# Ok, I'm back



## Julie (Mar 28, 2012)

Hi, just want to say thank you to those who knew why I haven’t been on all week for the offer of help and support. And to those do didn’t know, last Friday I received a phone call that my one brother had died. He did die in his sleep and the preliminary autopsy says heart attack but they are still working on the cause of the heart attack. This week has been just freakin insane! He was only 54.


----------



## pjd (Mar 28, 2012)

Julie, I am so sorry about your brother! I know what it is like, I lost mine 6 months ago. You have my sympathies! Phil


----------



## Runningwolf (Mar 28, 2012)

Welcome back Julie. It'll be good to see you Saturday. Manley tried to sneak in while you were gone so Wade decided to just make him a partner in crime.
By the way you have been accused if you can find the post!


----------



## djrockinsteve (Mar 28, 2012)

Welcome back home Julie. Sad for your loss.


----------



## Wade E (Mar 28, 2012)

Welcome back Jules and again Im so sorry for your loss.


----------



## Rocky (Mar 28, 2012)

Julie, you have Bev's and my deepest sympathies for your loss.


----------



## grapeman (Mar 28, 2012)

Glad you are back Julie. You have my deepest sympathy for your loss. It is so hard to lose a sibling or other close family member as they are someone you grew up with in your formative years.
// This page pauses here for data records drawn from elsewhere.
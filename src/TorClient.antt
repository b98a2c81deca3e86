-- ===== src/TorClient.antt =====
-- torclient.c: the connections to the Tor clients.
pub mod State
pub mod Lifecycle
pub mod Socket
pub mod Handshake
pub mod Output
pub mod Usage
pub mod ClientFile
pub mod Exchange
pub mod Password
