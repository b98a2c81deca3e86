-- ===== src/V3bw.antt =====
-- v3bw.c: the measurement results are read back and a bandwidth file is made of them.
pub mod Median
pub mod Order
pub mod Info
pub mod Words
pub mod Input
pub mod RoundTrip
pub mod Generate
What Dan is referring to has something to do with a "wine thief" question. I tapped my foot disapproivingly for you while crossing my arms.


----------



## SarahRides (Mar 28, 2012)

So sorry to hear about your brother Julie. :-(


----------



## Deezil (Mar 28, 2012)

Welcome back Julie

Dont worry, i was just keeping your seat warm, and the few to the left and right of it... Atleast thats my story & i'm stickin to it 

Sorry to hear about your loss, hope everyone recovers alright


----------



## harleydmn (Mar 28, 2012)

Sorry to hear about your brother. God Bless


----------



## LanMan (Mar 28, 2012)

I am terribly sorry, Julie. Sorry for your loss.
Welcome back


----------



## winemaker_3352 (Mar 28, 2012)

Welcome back Julie - I am so sorry for your loss. I will keep you and your family in my thoughts and prayers..


----------



## Julie (Mar 28, 2012)

Deezil said:


> Welcome back Julie
> 
> Dont worry, i was just keeping your seat warm, and the few to the left and right of it... Atleast thats my story & i'm stickin to it
> 
> Sorry to hear about your loss, hope everyone recovers alright


 

Deezil, you're suppose to send them to the corner and without wine!!! I'm going to have to train you properly


----------



## Deezil (Mar 28, 2012)

Well see.. what had happened was... I took their wine...  and i laid down, on those seats i mentioned.. But im not sure what happened after that!


----------



## hvac36 (Mar 28, 2012)

Julie,
So sorry for the loss of your Brother.. My heart goes out to you.. I know I dont know you personally but here is a  God Bless...


----------



## ibglowin (Mar 28, 2012)

I think something like this is the hardest to deal with. On the one hand there was no pain or suffering, on the other, no time to say goodbye. Tragic doesn't even begin to describe the feeling or emotions inside. Here is something that helped me with the sudden and unexpected loss of a loved one.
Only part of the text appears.